No Posts? Am i kicked out?

I posted this morning, i am going through some bad stuff, and i know my post from last week was removed, but, i was in alot of issues, husband being abusive, etc.  but now no one wants to talk to me.  I thought you guys were on here to help people, not ignore them.  I thought the Forum was supposed to help people through w/d's and bad times, well, im having a bad time............so you ignore me................i am truly hurt, this is one place i can vent, so i vented, and now no one wants to talk to me...tired of oxys, where are you girl, i need to hear from you.   Im am truly crushed............im sorry about posting that nite, but my husband was totally out of control, i need to get to that doctor for my back, and get better.   You all seem like your upset with me, whats the deal, ive seen worse posts on here, alot worse...talk to me somebody.  thanks ................a whole bunch
Best Answer
Avatar universal
There's nothing wrong with caring about him  BUT don't love him to death... you need to focus on YOU and just you for now. He is responsible for his own recovery just like you and me are. You cannot help those who don't want help, God knows I learned that with several loved ones in my life who were caught up in addiction but weren't ready to stop even though it was destroying them. They have to hit bottom before they wake up and look around them and see how their addiction has ruined them and only then will they either surrender themselves to the fact that they are in need of help and get it or they know they are at the bottom but continue on the road to destruction.

I'm glad to hear your finally going to take a few days away and go to some meetings with your sister. I think if your comfortable you might want to share your story and get some feedback from the people there. There's a really good chance that one or more of the women have been right in your shoes and can share some insight and advice on how to go about turning your life around.
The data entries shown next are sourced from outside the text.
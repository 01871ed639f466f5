-- ===== src/WebSocket/Frames.antt =====
-- The bytes of a WebSocket frame, and what sending one puts on the wire.
use cpp_linux_server.Base.{
  ℕ, zero, suc, ◌+◌, ◌/◌, ◌%◌, ◌^◌, ◌≤◌, ◌<◌, ◌≡◌, refl, sym, ap, ◌∙◌, List, [], ◌∷◌, ◌++◌, length,
  Bool, true, false, not, ltb, if◌then◌else◌, Option, none, some, All, arith, append_assoc,
  append-nil, length-append, get_elem?, le→ltb, lt→ltb, le-cases, inl, inr,
}
use cpp_linux_server.Base.Bits.{bit_xor_twice}
use cpp_linux_server.ByteArray.Fixed.{to_bytes, byteswap}
use cpp_linux_server.ByteArray.Fixed.RoundTrip.{IsByte, length-to_bytes}
use cpp_linux_server.Stream.{Link, write_fix_size, close}
use cpp_linux_server.Stream.Delivery.{IsWilling, Sent, write_fix_size-Sent}
use cpp_linux_server.WebSocket.{
  Config, FrameHead, bit, bit_of, head_bytes, head_of, head, key_at, mask_from, Message,
  payload_field, length_bytes, then_write, send_message,
}

-- The masking of data is undone by masking again, and keeps bytes and their number.
key_at-IsByte : (key : List ℕ) (i : ℕ) → All IsByte key → IsByte (key_at key i)
key_at-IsByte key i h = at key (i % 4) h
  where
    at :
        (ks : List ℕ) (n : ℕ)
        → All IsByte ks
        → IsByte (elim (get_elem? ks n) [ none ↦ 0 | some k ↦ k ])
    at [] n h = omega arith
    at (k ∷ ks) zero h = h.0
    at (k ∷ ks) (suc n) h = at ks n h.1

pub mask_from-mask_from :
    (key : List ℕ) (i : ℕ) (bytes : List ℕ)
    → All IsByte key
    → All IsByte bytes
    → mask_from key i (mask_from key i bytes) ≡ bytes
unfolding mask_from
mask_from-mask_from key i [] k h = refl
mask_from-mask_from key i (b ∷ bs) k h =
    rw
      (
        bit_xor_twice 8 b (key_at key i) h.0 (key_at-IsByte key i k),
        mask_from-mask_from key (suc i) bs k h.1,
      )
      refl

pub length-mask_from :
    (key : List ℕ) (i : ℕ) (bytes : List ℕ) → length (mask_from key i bytes) ≡ length bytes
unfolding mask_from
length-mask_from key i [] = refl
length-mask_from key i (b ∷ bs) = ap suc (length-mask_from key (suc i) bs)

-- The parts of the bytes x and y.
parts :
    (x y opcode payload : ℕ) (fin mask : Bool)
    → x ≡ opcode + bit 128 fin
    → y ≡ payload + bit 128 mask
    → opcode < 16
    → payload < 128
    → head_of (x ∷ y ∷ []) ≡ head opcode fin payload mask
unfolding head_of
parts x y opcode payload fin mask e f small field =
    rw
      (
        low fin e,
        clear 16 (at_16 fin e),
        clear 32 (at_32 fin e),
        clear 64 (at_64 fin e),
        top x opcode fin e (omega arith),
        field_of mask f,
        top y payload mask f field,
      )
      refl
  where
    low : (b : Bool) → x ≡ opcode + bit 128 b → x % 16 ≡ opcode
    low true e = omega arith
    low false e = omega arith

    at_16 : (b : Bool) → x ≡ opcode + bit 128 b → x / 16 % 2 ≡ 0
    at_16 true e = omega arith
    at_16 false e = omega arith

    at_32 : (b : Bool) → x ≡ opcode + bit 128 b → x / 32 % 2 ≡ 0
    at_32 true e = omega arith
    at_32 false e = omega arith

    at_64 : (b : Bool) → x ≡ opcode + bit 128 b → x / 64 % 2 ≡ 0
    at_64 true e = omega arith
    at_64 false e = omega arith

    clear : (v : ℕ) → x / v % 2 ≡ 0 → bit_of v x ≡ false
    clear v e = rw e refl

    field_of : (b : Bool) → y ≡ payload + bit 128 b → y % 128 ≡ payload
    field_of true f = omega arith
    field_of false f = omega arith

    top : (z n : ℕ) (b : Bool) → z ≡ n + bit 128 b → n < 128 → bit_of 128 z ≡ b
    top z n true e h = let one : z / 128 % 2 ≡ 1 = omega arith in rw one refl
    top z n false e h = let none_there : z / 128 % 2 ≡ 0 = omega arith in rw none_there refl

-- The two bytes of a head are read as that head.
pub head_of-head_bytes :
    (opcode payload : ℕ) (fin mask : Bool)
    → opcode < 16
    → payload < 128
    → head_of (head_bytes (head opcode fin payload mask)) ≡ head opcode fin payload mask
unfolding head_bytes
head_of-head_bytes opcode payload fin mask small field =
    parts _ _ opcode payload fin mask (omega arith) (omega arith) small field

-- The data as it is on the wire, and the whole frame.
abbrev pub wire_data : Bool → List ℕ → List ℕ → List ℕ
wire_data client key content = if client then mask_from key 0 content else content

abbrev pub wire_key : Bool → List ℕ → List ℕ
wire_key client key = if client then key else []

unfoldable pub frame : Bool → List ℕ → ℕ → Bool → List ℕ → List ℕ
frame client key opcode fin content =
    head_bytes (head opcode fin (payload_field (length content)) client)
    ++ (length_bytes (length content) ++ (wire_key client key ++ wire_data client key content))

-- A write, after others, of what is not too long; or none of nothing, where none is needed.
then_write-Sent :
    (cfg : Config) (needed : Bool) (before bytes out : List ℕ) (l : Link) (r : Bool × Link)
    → 0 < cfg.max_len
    → IsWilling (length (before ++ out)) l
    → Sent before l r
    → (if needed then (out ≡ bytes) × (0 < length bytes) else (out ≡ []))
    → length bytes < 2 ^ 31
    → Sent (before ++ out) l (then_write cfg needed bytes r)
then_write-Sent cfg needed before bytes out l (false, l') pos w s h small = absurd (cc s.result_eq)
then_write-Sent cfg false before bytes out l (true, l') pos w s h small =
    rw (h, append-nil before) s
then_write-Sent cfg true before bytes out l (true, l') pos w s h small =
    let long : length (before ++ out) ≡ length before + length bytes =
      length-append {0} before out ∙ ap (λ (ys : List ℕ). length before + length ys) h.0 in
    let t : Sent bytes l' (write_fix_size cfg.max_len bytes l') =
      write_fix_size-Sent cfg.max_len bytes l' pos h.1 small
        (s.willing, omega (arith, w.1, s.cost, long)) in
    record {
      result_eq = t.result_eq;
      outgoing_eq =
          t.outgoing_eq
          ∙ ap (λ (ys : List ℕ). ys ++ bytes) s.outgoing_eq
          ∙ append_assoc l.outgoing before bytes
          ∙ ap (λ (ys : List ℕ). l.outgoing ++ (before ++ ys)) (sym h.0);
      willing = t.willing;
      cost = omega (arith, s.cost, t.cost, long, length-append {0} before out);
      incoming_eq = t.incoming_eq ∙ s.incoming_eq;
      closed_eq = t.closed_eq ∙ s.closed_eq;
    }

-- The length behind the head is written where there is one.
length_bytes-needed :
    (size : ℕ)
    → if not (ltb size 126)
      then (length_bytes size ≡ length_bytes size) × (0 < length (length_bytes size))
      else (length_bytes size ≡ [])
length_bytes-needed size = elim (le-cases 126 size) [
  | inl long ↦ rw (le→ltb size 126 long) (refl, some_bytes (ltb size 65536))
  | inr short ↦ rw (lt→ltb size 126 short) refl
]
  where
    some_bytes :
        (b : Bool)
        → 0 < length (if b then to_bytes 2 (byteswap 2 size) else to_bytes 8 (byteswap 8 size))
    some_bytes true = omega (arith, length-to_bytes 2 (byteswap 2 size))
    some_bytes false = omega (arith, length-to_bytes 8 (byteswap 8 size))

length_bytes-short : (size : ℕ) → length (length_bytes size) < 2 ^ 31
length_bytes-short size = short (ltb size 126) (ltb size 65536)
  where
    short :
        (a b : Bool)
        → length (
            if a
            then []
            else if b
            then to_bytes 2 (byteswap 2 size)
            else to_bytes 8 (byteswap 8 size))
          < 2 ^ 31
    short true b = omega arith
    short false true = omega (arith, length-to_bytes 2 (byteswap 2 size))
    short false false = omega (arith, length-to_bytes 8 (byteswap 8 size))

key-needed :
    (client : Bool) (key : List ℕ)
    → length key ≡ 4
    → if client then (wire_key client key ≡ key) × (0 < length key) else (wire_key client key ≡ [])
key-needed true key four = (refl, omega (arith, four))
key-needed false key four = refl

pub length-wire_data :
    (client : Bool) (key content : List ℕ) → length (wire_data client key content) ≡ length content
length-wire_data true key content = length-mask_from key 0 content
length-wire_data false key content = refl

-- What sending a frame of a message makes of a link.
pub record SentFrame (bytes : List ℕ) (size : ℕ) (l : Link) (r : Option ℕ × Message × Link)
    : Type 0 where
  pub result_eq : r.0 ≡ some (size + 2)
  pub outgoing_eq : r.2.outgoing ≡ l.outgoing ++ bytes
  pub willing : All (λ (q : ℕ). 0 < q) r.2.quota
  pub cost : length l.quota ≤ length r.2.quota + length bytes
  pub closed_eq : r.2.closed ≡ l.closed

pub length-head_bytes : (h : FrameHead) → length (head_bytes h) ≡ 2
unfolding head_bytes
length-head_bytes h = refl

ended :
    (bytes : List ℕ) (size : ℕ) (l : Link) (m : Message) (r : Bool × Link)
    → Sent bytes l r
    → SentFrame bytes size l
        (if r.0 then some (size + 2) else none, m, if r.0 then r.1 else close r.1)
ended bytes size l m (false, l') s = absurd (cc s.result_eq)
ended bytes size l m (true, l') s = record {
  result_eq = refl;
  outgoing_eq = s.outgoing_eq;
  willing = s.willing;
  cost = s.cost;
  closed_eq = s.closed_eq;
}

-- WSSendMessage of 1 to 2^31 - 1 bytes, with a masking key of four bytes, where every write takes a byte at
-- least: the frame is put out whole and in order, and the result is the size of the data and the
-- head.
pub send_message-SentFrame :
    (cfg : Config) (key : List ℕ) (msg : Message) (client fin : Bool) (l : Link)
    → 0 < cfg.max_len
    → length key ≡ 4
    → 0 < length msg.content
    → length msg.content < 2 ^ 31
    → IsWilling (length (frame client key msg.opcode fin msg.content)) l
    → SentFrame
        (frame client key msg.opcode fin msg.content)
        (length msg.content)
        l
        (send_message cfg key msg client fin l)
unfolding send_message frame
send_message-SentFrame cfg key msg client fin l pos four some_bytes small w =
    let size : ℕ = length msg.content in
    let hs : List ℕ = head_bytes (head msg.opcode fin (payload_field size) client) in
    let ls : List ℕ = length_bytes size in
    let ks : List ℕ = wire_key client key in
    let ds : List ℕ = wire_data client key msg.content in
    let long : length ds ≡ size = length-wire_data client key msg.content in
    let same : frame client key msg.opcode fin msg.content ≡ ((hs ++ ls) ++ ks) ++ ds =
      sym (append_assoc (hs ++ ls) ks ds ∙ append_assoc hs ls (ks ++ ds)) in
    let a : length (((hs ++ ls) ++ ks) ++ ds) ≡ length ((hs ++ ls) ++ ks) + length ds =
      length-append {0} ((hs ++ ls) ++ ks) ds in
    let b : length ((hs ++ ls) ++ ks) ≡ length (hs ++ ls) + length ks =
      length-append {0} (hs ++ ls) ks in
    let c : length (hs ++ ls) ≡ length hs + length ls = length-append {0} hs ls in
    let room : length (((hs ++ ls) ++ ks) ++ ds) ≤ length l.quota = rw same at w.1 in
    let two : length hs ≡ 2 = length-head_bytes _ in
    let s₁ : Sent hs l (write_fix_size cfg.max_len hs l) =
      write_fix_size-Sent cfg.max_len hs l pos (omega (arith, two)) (omega (arith, two))
        (w.0, omega (arith, room, a, b, c)) in
    let s₂ =
      then_write-Sent cfg (not (ltb size 126)) hs ls ls l _ pos (w.0, omega (arith, room, a, b, c))
        s₁ (length_bytes-needed size) (length_bytes-short size) in
    let s₃ =
      then_write-Sent cfg client (hs ++ ls) key ks l _ pos (w.0, omega (arith, room, a, b, c)) s₂
        (key-needed client key four) (omega (arith, four)) in
    let s₄ =
      then_write-Sent cfg true ((hs ++ ls) ++ ks) ds ds l _ pos (w.0, room) s₃
        (refl, omega (arith, long)) (omega (arith, long)) in
    rw same (ended _ size l _ _ s₄)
Is there any way you could stay with your sister for awhile? I just hate to think of you spending even one more day in the environment your in. I know how bad you WANT him to care. I remember crying and thinking how the hell can you treat me like this? Why don't you love me enough to stop? And those thoughts would fuel my own depression and make me feel worse about myself. A vicious cycle for sure. Thing is it has nothing to do with you. I know that sounds wrong but this is a problem HE has with himself that he projects onto you. He takes all that self hate, loathing, guilt and sorrow and turns it on you and you internalize every bit of it. It makes him feel better to lash out and blame everyone else then to have to face the truth about himself. You cannot move forward in recovery or in life while tied to a situation thats destroying you in every way. See if you can stay at your sisters and go to meetings with her and get help. Nothing changes if nothing changes, you need to be the one to shake things up and take control of your recovery. Yes it's frightening and I know how hard it is to admit that it's done but I promise that by leaving you will open many doors for yourself. Staying in a toxic relationship will just slowly destroy you. I pray you get out of there asap.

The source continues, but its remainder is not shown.